Please return only the lines from the one holding "(registry : Registry)" through the one holding "let same_adapter : a", exactly as they appear in the records below, both ends included.
----------------------------------------
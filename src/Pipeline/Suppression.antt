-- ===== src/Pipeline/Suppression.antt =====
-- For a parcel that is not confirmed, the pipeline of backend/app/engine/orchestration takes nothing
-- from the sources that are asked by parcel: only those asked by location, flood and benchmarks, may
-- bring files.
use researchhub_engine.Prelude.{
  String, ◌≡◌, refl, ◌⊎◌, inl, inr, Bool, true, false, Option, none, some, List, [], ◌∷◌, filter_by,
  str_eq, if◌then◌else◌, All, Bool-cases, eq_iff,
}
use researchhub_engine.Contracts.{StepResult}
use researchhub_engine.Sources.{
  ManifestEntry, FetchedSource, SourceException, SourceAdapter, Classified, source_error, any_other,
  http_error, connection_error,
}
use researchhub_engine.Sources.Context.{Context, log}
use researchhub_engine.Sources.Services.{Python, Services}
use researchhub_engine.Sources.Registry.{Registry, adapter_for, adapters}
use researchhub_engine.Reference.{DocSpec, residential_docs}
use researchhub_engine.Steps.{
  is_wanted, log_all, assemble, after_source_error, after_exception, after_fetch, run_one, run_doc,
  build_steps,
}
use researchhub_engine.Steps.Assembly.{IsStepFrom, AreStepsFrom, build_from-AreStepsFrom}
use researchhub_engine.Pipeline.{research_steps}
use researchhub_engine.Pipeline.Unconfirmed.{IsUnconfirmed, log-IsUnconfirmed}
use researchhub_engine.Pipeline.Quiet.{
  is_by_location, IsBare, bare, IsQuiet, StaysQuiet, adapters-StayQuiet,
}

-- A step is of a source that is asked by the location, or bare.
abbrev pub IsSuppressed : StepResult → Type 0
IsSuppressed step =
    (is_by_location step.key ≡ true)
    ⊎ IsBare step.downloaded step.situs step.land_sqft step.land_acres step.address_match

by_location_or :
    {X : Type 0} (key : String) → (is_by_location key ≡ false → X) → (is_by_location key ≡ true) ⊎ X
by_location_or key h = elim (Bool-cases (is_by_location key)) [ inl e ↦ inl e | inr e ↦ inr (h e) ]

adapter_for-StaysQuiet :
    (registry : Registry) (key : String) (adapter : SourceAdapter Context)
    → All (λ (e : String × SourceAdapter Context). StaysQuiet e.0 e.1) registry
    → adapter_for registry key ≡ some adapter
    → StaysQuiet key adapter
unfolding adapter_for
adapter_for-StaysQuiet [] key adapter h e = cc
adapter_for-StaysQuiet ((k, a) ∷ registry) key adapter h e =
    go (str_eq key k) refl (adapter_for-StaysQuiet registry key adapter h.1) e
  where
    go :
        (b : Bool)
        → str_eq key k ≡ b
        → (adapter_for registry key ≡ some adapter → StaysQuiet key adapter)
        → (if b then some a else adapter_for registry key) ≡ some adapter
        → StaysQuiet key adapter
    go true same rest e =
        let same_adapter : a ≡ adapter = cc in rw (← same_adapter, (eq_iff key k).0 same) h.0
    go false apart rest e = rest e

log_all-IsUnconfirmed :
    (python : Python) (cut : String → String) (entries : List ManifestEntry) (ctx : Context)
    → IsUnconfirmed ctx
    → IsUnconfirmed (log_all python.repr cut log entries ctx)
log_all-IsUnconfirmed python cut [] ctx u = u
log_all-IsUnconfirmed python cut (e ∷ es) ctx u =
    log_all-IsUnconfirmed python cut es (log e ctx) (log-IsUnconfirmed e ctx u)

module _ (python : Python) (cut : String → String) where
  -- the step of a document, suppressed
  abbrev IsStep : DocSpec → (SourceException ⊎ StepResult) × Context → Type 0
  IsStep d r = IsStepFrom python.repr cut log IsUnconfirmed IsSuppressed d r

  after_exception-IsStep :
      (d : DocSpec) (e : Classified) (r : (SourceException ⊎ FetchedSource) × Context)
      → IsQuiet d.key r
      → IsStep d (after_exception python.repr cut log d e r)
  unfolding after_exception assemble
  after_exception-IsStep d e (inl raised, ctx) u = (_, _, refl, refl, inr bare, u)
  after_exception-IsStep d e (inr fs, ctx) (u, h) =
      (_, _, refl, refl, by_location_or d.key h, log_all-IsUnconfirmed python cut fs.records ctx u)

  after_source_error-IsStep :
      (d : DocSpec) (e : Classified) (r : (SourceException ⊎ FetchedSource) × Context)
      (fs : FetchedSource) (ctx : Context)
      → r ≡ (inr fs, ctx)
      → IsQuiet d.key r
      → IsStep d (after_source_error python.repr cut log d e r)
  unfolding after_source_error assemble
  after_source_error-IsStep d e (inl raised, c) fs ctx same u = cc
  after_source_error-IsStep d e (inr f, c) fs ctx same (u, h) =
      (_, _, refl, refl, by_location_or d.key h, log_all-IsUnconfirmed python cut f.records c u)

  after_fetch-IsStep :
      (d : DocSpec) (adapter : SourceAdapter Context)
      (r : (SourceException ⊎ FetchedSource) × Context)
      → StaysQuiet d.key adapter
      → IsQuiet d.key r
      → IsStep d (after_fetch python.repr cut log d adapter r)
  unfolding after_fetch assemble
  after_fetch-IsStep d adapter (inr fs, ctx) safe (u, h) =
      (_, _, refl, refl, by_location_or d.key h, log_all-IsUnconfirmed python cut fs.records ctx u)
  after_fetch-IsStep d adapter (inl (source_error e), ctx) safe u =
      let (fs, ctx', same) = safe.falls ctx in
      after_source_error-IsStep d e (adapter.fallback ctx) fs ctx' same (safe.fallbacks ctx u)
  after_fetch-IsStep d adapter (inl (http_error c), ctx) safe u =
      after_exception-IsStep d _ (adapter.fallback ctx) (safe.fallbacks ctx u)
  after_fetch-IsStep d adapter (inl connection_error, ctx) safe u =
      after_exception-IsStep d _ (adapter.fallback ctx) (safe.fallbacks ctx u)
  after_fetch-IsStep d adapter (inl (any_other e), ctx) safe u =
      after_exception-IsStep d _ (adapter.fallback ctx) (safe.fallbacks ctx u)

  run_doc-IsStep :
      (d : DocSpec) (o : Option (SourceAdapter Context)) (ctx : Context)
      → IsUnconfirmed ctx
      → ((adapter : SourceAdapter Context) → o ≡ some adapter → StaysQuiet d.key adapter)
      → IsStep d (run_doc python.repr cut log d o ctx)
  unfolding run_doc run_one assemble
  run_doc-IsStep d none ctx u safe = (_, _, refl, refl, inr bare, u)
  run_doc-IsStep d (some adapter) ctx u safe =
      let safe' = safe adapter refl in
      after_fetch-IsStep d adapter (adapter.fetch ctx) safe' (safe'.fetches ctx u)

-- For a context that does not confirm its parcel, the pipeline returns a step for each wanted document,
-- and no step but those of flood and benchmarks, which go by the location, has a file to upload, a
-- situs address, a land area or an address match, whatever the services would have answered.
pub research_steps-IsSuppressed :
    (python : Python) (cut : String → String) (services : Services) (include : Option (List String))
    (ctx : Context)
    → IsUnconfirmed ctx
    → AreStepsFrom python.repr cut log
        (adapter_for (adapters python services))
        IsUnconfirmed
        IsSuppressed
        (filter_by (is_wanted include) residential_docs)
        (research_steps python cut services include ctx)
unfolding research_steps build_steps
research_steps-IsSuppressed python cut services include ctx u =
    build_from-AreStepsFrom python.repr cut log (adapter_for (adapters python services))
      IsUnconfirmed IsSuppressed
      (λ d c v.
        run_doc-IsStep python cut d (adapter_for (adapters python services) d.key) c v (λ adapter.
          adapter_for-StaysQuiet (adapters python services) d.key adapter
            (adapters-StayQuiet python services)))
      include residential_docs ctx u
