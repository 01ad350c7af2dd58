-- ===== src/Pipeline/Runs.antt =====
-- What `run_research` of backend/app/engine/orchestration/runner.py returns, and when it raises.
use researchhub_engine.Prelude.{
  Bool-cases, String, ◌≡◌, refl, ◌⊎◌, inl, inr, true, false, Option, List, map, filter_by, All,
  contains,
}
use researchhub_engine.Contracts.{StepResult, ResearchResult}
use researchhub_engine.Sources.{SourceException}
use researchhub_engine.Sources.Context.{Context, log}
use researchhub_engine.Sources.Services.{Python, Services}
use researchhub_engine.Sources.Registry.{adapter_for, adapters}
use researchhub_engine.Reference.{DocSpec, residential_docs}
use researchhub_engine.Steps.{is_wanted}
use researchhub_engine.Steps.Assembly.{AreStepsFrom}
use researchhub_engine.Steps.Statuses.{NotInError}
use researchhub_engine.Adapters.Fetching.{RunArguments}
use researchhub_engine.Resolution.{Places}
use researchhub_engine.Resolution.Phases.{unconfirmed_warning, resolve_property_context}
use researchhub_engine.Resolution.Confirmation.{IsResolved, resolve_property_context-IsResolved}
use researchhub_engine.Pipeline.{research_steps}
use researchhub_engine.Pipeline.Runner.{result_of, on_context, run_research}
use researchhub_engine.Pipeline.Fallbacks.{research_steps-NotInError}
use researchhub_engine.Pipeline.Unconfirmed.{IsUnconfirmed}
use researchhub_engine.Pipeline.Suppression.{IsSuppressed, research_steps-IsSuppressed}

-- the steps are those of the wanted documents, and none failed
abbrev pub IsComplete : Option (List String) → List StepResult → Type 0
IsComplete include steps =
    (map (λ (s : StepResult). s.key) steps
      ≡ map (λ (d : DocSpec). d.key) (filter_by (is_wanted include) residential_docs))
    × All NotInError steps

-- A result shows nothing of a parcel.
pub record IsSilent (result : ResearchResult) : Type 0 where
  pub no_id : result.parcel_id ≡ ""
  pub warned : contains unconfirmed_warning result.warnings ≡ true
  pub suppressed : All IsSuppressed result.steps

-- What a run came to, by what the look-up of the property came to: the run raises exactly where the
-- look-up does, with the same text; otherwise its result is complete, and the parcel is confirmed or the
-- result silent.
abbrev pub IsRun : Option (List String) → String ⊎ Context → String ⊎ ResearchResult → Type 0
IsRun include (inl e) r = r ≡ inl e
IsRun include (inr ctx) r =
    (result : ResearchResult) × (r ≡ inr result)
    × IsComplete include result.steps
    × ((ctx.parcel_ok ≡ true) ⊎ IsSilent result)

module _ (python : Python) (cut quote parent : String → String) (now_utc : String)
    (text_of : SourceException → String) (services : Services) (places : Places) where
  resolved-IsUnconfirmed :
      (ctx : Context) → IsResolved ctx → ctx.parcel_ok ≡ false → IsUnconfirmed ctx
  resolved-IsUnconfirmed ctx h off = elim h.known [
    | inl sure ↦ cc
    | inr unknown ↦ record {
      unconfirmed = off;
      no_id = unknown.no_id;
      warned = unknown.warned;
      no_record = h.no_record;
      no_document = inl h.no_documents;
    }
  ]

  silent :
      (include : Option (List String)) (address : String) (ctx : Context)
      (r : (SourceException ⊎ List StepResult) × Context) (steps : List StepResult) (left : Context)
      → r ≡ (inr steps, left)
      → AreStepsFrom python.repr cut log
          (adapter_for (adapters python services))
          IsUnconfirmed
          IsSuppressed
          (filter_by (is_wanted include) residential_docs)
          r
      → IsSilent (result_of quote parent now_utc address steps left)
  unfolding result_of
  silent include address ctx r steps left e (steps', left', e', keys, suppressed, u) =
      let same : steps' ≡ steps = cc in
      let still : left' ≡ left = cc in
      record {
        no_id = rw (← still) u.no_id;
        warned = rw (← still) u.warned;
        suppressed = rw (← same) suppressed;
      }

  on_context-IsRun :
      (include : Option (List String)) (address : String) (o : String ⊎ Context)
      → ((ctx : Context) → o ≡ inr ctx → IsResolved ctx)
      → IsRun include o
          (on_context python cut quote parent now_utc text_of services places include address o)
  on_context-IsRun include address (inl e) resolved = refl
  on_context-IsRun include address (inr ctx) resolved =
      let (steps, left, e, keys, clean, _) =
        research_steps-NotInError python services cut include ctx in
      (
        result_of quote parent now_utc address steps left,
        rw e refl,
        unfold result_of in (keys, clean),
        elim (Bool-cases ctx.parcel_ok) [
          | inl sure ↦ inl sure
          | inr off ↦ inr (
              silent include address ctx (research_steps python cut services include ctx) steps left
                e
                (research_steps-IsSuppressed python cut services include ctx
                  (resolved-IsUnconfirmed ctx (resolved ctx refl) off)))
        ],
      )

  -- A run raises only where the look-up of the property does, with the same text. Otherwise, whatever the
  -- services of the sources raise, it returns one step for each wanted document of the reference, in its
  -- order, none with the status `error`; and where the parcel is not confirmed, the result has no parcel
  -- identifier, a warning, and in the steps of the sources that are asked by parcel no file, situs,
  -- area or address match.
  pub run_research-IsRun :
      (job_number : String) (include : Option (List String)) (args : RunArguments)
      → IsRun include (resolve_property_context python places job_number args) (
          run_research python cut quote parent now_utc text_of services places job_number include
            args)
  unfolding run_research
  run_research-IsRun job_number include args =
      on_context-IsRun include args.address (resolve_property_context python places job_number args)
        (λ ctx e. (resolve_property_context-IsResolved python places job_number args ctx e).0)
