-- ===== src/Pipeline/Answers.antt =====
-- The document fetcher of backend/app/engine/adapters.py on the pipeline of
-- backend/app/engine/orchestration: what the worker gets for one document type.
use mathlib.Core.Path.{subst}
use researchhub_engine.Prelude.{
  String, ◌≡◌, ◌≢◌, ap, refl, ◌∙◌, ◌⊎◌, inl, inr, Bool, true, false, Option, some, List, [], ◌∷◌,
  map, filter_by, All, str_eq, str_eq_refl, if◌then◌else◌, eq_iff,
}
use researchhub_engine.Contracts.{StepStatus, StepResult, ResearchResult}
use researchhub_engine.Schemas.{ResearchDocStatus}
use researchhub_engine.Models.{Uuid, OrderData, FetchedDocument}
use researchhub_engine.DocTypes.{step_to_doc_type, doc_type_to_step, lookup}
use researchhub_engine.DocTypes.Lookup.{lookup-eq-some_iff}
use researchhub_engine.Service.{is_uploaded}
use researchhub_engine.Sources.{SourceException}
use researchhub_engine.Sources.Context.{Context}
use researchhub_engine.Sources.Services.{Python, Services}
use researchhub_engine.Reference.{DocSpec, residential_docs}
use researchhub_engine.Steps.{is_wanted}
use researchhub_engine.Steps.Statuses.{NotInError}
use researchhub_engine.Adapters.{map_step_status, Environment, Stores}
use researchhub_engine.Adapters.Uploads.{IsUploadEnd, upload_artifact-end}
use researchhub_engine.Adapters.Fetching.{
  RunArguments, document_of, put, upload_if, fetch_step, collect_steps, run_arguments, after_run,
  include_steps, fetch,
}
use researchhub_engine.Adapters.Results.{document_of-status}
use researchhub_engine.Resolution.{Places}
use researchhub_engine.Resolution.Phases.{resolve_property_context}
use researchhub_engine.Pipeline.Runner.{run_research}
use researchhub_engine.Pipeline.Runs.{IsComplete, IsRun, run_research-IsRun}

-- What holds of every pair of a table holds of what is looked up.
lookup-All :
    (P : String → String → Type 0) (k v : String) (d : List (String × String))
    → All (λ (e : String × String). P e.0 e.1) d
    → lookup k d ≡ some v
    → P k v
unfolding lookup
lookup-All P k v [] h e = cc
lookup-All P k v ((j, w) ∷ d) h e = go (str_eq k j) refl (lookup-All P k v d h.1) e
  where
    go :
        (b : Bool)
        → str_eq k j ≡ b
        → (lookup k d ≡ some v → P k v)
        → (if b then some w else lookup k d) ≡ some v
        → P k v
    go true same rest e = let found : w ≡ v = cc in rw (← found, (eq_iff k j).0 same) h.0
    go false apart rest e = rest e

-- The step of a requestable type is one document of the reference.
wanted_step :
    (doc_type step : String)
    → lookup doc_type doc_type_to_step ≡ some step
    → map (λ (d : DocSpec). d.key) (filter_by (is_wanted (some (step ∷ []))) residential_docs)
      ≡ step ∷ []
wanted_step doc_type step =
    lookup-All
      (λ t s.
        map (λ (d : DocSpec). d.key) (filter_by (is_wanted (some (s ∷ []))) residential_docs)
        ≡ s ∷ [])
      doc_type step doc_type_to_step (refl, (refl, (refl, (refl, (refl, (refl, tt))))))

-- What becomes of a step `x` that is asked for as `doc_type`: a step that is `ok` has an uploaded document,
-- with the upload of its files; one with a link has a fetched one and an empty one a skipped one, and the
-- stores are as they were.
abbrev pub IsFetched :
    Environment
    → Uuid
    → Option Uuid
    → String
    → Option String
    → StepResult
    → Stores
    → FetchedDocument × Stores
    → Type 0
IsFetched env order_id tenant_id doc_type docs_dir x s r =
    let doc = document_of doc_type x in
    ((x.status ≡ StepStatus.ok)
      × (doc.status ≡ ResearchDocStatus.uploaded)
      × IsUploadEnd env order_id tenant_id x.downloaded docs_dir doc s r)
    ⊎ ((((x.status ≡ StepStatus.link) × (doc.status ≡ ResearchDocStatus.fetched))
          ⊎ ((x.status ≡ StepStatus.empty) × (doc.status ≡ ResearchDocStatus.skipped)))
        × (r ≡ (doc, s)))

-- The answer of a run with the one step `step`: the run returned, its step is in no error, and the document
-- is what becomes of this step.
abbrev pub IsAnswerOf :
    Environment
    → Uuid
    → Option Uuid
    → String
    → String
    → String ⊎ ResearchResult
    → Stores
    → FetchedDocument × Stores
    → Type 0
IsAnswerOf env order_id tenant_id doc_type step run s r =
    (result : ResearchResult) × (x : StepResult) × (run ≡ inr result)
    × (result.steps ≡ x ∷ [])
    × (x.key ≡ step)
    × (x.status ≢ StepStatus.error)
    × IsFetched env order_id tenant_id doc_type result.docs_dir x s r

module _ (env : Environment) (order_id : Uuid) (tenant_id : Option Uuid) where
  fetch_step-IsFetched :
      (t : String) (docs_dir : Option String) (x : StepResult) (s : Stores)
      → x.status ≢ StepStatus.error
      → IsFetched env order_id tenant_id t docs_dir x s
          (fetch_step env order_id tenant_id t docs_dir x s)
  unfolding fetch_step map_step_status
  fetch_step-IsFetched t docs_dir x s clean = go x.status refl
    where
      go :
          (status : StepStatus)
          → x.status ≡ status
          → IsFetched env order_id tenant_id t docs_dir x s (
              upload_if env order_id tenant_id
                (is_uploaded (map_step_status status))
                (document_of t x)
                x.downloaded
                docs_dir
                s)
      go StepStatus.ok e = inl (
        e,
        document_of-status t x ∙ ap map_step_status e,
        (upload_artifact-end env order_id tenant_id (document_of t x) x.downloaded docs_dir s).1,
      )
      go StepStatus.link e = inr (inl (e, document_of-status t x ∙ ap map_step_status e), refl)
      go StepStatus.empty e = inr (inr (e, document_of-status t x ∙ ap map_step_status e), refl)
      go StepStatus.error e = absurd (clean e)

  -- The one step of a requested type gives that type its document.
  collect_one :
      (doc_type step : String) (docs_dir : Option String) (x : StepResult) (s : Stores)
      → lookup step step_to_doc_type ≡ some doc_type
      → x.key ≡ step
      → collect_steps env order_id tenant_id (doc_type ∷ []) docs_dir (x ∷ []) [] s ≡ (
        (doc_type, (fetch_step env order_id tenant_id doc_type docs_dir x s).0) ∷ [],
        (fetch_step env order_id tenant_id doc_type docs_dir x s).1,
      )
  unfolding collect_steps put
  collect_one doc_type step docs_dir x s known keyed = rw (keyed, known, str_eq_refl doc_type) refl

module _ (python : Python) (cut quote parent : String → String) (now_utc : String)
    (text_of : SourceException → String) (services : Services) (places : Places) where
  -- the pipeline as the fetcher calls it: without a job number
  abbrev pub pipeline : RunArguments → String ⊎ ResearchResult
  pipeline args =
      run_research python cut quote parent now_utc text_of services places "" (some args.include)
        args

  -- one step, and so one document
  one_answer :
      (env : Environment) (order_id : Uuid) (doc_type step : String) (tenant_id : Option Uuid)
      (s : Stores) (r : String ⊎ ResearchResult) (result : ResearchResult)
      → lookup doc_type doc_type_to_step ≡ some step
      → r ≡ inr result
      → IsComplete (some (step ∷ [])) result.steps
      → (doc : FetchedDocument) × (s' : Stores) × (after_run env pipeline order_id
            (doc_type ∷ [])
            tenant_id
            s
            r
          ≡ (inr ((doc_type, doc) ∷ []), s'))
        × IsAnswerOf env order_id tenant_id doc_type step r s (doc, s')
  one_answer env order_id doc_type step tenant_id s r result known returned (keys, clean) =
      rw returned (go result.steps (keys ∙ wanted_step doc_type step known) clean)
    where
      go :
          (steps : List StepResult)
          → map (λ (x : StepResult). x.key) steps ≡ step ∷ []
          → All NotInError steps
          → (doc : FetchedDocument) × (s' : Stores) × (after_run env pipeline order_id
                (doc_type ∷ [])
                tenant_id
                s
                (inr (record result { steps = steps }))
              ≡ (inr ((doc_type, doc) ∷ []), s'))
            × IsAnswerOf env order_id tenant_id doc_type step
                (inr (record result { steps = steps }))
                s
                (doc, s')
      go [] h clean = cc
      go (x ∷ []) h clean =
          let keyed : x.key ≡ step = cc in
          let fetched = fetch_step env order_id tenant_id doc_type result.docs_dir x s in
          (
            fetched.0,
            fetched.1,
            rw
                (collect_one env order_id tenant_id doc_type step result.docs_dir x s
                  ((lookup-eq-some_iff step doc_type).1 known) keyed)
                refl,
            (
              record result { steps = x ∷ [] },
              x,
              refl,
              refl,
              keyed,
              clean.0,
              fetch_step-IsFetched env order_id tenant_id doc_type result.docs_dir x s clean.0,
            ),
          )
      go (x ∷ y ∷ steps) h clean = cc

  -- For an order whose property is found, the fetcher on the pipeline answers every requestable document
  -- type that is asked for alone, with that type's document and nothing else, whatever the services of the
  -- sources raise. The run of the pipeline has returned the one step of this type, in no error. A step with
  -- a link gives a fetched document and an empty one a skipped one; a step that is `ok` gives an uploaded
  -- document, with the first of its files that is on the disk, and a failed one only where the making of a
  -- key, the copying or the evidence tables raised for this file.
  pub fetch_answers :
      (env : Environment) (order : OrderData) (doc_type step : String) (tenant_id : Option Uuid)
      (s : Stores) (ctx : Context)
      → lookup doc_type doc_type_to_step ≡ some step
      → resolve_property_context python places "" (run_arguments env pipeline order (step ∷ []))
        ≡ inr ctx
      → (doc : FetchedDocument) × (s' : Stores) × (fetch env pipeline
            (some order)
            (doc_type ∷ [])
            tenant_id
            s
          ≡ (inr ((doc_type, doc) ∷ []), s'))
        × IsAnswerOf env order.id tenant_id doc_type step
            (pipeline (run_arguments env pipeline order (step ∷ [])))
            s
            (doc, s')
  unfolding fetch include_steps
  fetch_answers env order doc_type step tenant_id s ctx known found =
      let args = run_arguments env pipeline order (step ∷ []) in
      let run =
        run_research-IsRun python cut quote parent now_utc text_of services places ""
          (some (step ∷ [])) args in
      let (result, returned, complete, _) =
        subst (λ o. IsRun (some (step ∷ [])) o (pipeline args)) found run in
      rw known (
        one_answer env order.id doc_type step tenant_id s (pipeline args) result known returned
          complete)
----------------------------------------
**Response:**
    (registry : Registry) (key : String) (adapter : SourceAdapter Context)
    → All (λ (e : String × SourceAdapter Context). StaysQuiet e.0 e.1) registry
    → adapter_for registry key ≡ some adapter
    → StaysQuiet key adapter
unfolding adapter_for
adapter_for-StaysQuiet [] key adapter h e = cc
adapter_for-StaysQuiet ((k, a) ∷ registry) key adapter h e =
    go (str_eq key k) refl (adapter_for-StaysQuiet registry key adapter h.1) e
  where
    go :
        (b : Bool)
        → str_eq key k ≡ b
        → (adapter_for registry key ≡ some adapter → StaysQuiet key adapter)
        → (if b then some a else adapter_for registry key) ≡ some adapter
        → StaysQuiet key adapter
    go true same rest e =
        let same_adapter : a ≡ adapter = cc in rw (← same_adapter, (eq_iff key k).0 same) h.0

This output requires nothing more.